▶ Assignment: Check each line of the data below for the word "from", then extract the ones that have it.

++++ Records supplied ++++

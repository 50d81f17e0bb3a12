-- ===== src/Base/Outcomes.antt =====
-- What is known of a value, where there is one, and that there is no outcome but a value or an
-- exception that `catch(std::exception&)` catches.
use game_network.Base.Results.{Result, ok, throws, fault, out_of_range, exception_pointer, ◌>>=◌}
use game_network.Base.Methods.{Method, continue_with}

abbrev pub Yields : {A : Type 0} → (A → Type 0) → Result A → Type 0
Yields P (ok a) = P a
Yields P (throws e) = Unit {0}
Yields P fault = Unit {0}

abbrev pub Ends : {A : Type 0} → (A → Type 0) → Result A → Type 0
Ends Known (throws out_of_range) = Unit {0}
Ends Known (throws exception_pointer) = ⊥
Ends Known fault = ⊥
Ends Known (ok value) = Known value

module _ {A B : Type 0} where
  pub bind-Yields :
      (Q : B → Type 0) (r : Result A) (f : A → Result B)
      → ((a : A) → Yields Q (f a))
      → Yields Q (r >>= f)
  bind-Yields Q (ok a) f k = k a
  bind-Yields Q (throws e) f k = tt
  bind-Yields Q fault f k = tt

  pub bind-Ends :
      (Before : A → Type 0) (Behind : B → Type 0) (result : Result A) (next : A → Result B)
      → Ends Before result
      → ((value : A) → Before value → Ends Behind (next value))
      → Ends Behind (result >>= next)
  bind-Ends Before Behind (ok value) next known k = k value known
  bind-Ends Before Behind (throws out_of_range) next known k = tt
  bind-Ends Before Behind (throws exception_pointer) next known k = known
  bind-Ends Before Behind fault next known k = known

-- What a value is known to be is known where it is gone on from.
pub continue_yielded-Leads :
    {S A B : Type 0} (P Q : S → Type 0) (R : A → Type 0) (r : Result A) (f : A → Method S B) {s : S}
    → Yields R r
    → ((t : S) → P t → Q t)
    → ((a : A) → R a → Q (f a s).0)
    → P s
    → Q (continue_with r f s).0
continue_yielded-Leads P Q R (ok a) f {s} y k l p = l a y
continue_yielded-Leads P Q R (throws e) f {s} y k l p = k s p
continue_yielded-Leads P Q R fault f {s} y k l p = k s p

-- A method that goes on from a value.
pub continue-Ends :
    {S A B : Type 0} (Before : A → Type 0) (Behind : B → Type 0) (result : Result A)
    (next : A → Method S B) (s : S)
    → Ends Before result
    → ((value : A) → Before value → Ends Behind (next value s).1)
    → Ends Behind (continue_with result next s).1
continue-Ends Before Behind (ok value) next s known k = k value known
continue-Ends Before Behind (throws out_of_range) next s known k = tt
continue-Ends Before Behind (throws exception_pointer) next s known k = known
continue-Ends Before Behind fault next s known k = known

++++

▶ The answer:
-- What a value is known to be is known where it is gone on from.
-- A method that goes on from a value.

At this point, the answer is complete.